When to choose alternatives

• Use BEAST/BEAST2 or SNAPP when phylogenetic timing, gene trees, or species-tree inference with molecular clocks is central.
• Use Migrate-n when you want estimates of historical migration and Ne without modeling divergence times explicitly.
• Use fastsimcoal2 or dadi when you have genome-scale SNP data, complex demographic scenarios, or need fast model comparison via the SFS.
• Use G-PhoCS when working with many nonrecombining genomic loci and a fixed population topology, and you want a Bayesian phylogenetic coalescent approach.

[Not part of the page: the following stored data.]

-- ===== src/Manager/Assignment/Distribution.antt =====
-- How `calculate_new_mapping` spreads a partition's owners over the workers.
use rust_accelerator_no_sql.Map
use rust_accelerator_no_sql.Manager.Assignment.Ownership.{
  with_mapping, Distinct, calculate_new_mapping_lem, master_is_no_replica, owners_are_current,
  master_is_own_replica,
}
use rust_accelerator_no_sql.Manager.Assignment.{calculate_new_mapping, owners}
use rust_accelerator_no_sql.Manager.{State}
use rust_accelerator_no_sql.Common.{NodeId, Partition}
use rust_accelerator_no_sql.Prelude.{
  ℕ, suc, ◌≡◌, ◌<◌, ◌≤◌, ◌^◌, List, some, true, false, length, contains, arith,
}

-- For different workers, no fewer than replicas, the calculation gives each partition a master that
-- is not among its own replicas, and every owner is a worker of the list.
pub calculate_new_mapping-owners :
    (state : State) (amount factor : ℕ) (ids : List NodeId)
    → Distinct ids
    → suc factor ≤ length ids
    → amount ≤ 2 ^ 16
    → (state' : State) × (calculate_new_mapping state amount (suc factor) ids ≡ some state')
      × ((p : ℕ)
          → p < amount
          → (part : Partition) × (Map.get state'.partitions.mapping p ≡ some part)
            × (Map.contains_key part.replicas part.master ≡ false)
            × ((id : ℕ) → Map.contains_key (owners part) id ≡ true → contains ids id ≡ true))
calculate_new_mapping-owners state amount factor ids d h b =
    let (mapping, done, placed, others) =
      calculate_new_mapping_lem state amount factor ids (omega arith) b in
    (
      with_mapping state mapping,
      done,
      λ p below. (
        (placed p below).0,
        (placed p below).1,
        master_is_no_replica ids factor p mapping (placed p below).0 d h (placed p below)
            (placed p below).1,
        λ id owned.
            owners_are_current ids factor p mapping (placed p below).0 id (omega arith)
              (placed p below) (placed p below).1 owned,
      ),
    )

-- With a replication factor above the number of workers, which nothing rules out, the calculation
-- puts the master of every partition among its own replicas.
pub calculate_new_mapping_wraps :
    (state : State) (amount factor : ℕ) (ids : List NodeId)
    → 0 < length ids
    → length ids < suc factor
    → amount ≤ 2 ^ 16
    → (state' : State) × (calculate_new_mapping state amount (suc factor) ids ≡ some state')
      × ((p : ℕ)
          → p < amount
          → (part : Partition) × (Map.get state'.partitions.mapping p ≡ some part)
            × (Map.contains_key part.replicas part.master ≡ true))
calculate_new_mapping_wraps state amount factor ids h more b =
    let (mapping, done, placed, others) = calculate_new_mapping_lem state amount factor ids h b in
    (
      with_mapping state mapping,
      done,
      λ p below. (
        (placed p below).0,
        (placed p below).1,
        master_is_own_replica ids factor p mapping (placed p below).0 h more (placed p below)
            (placed p below).1,
      ),
    )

Practical tips if you decide on IMa2

• Preprocess data: remove recombinant loci, phase heterozygotes where required, and filter for independent loci.
• Pilot runs: run short MCMC chains to tune priors, heating, and proposal rates before long production runs.
• Convergence checks: use multiple independent runs, compare posterior distributions, check ESS-like metrics (effective sampling across runs), and inspect parameter trace plots.
• Priors: choose biologically reasonable but not overly restrictive priors; test sensitivity by repeating runs with different priors.
• Computational resources: plan for long runs and consider parallelizing independent chains across CPUs.

Summary IMa2 is a powerful full-likelihood tool for explicit isolation-with-migration inference when you have appropriate nonrecombining, multilocus data and moderate-sized datasets. For phylogenetic dating, large SNP datasets, complex demography, or very large numbers of populations and individuals, consider alternatives like BEAST, fastsimcoal2, dadi, Migrate-n, SNAPP, or G-PhoCS depending on specifics. Choose IMa2 when joint inference of divergence times and migration under the IM framework with posterior distributions is your core goal.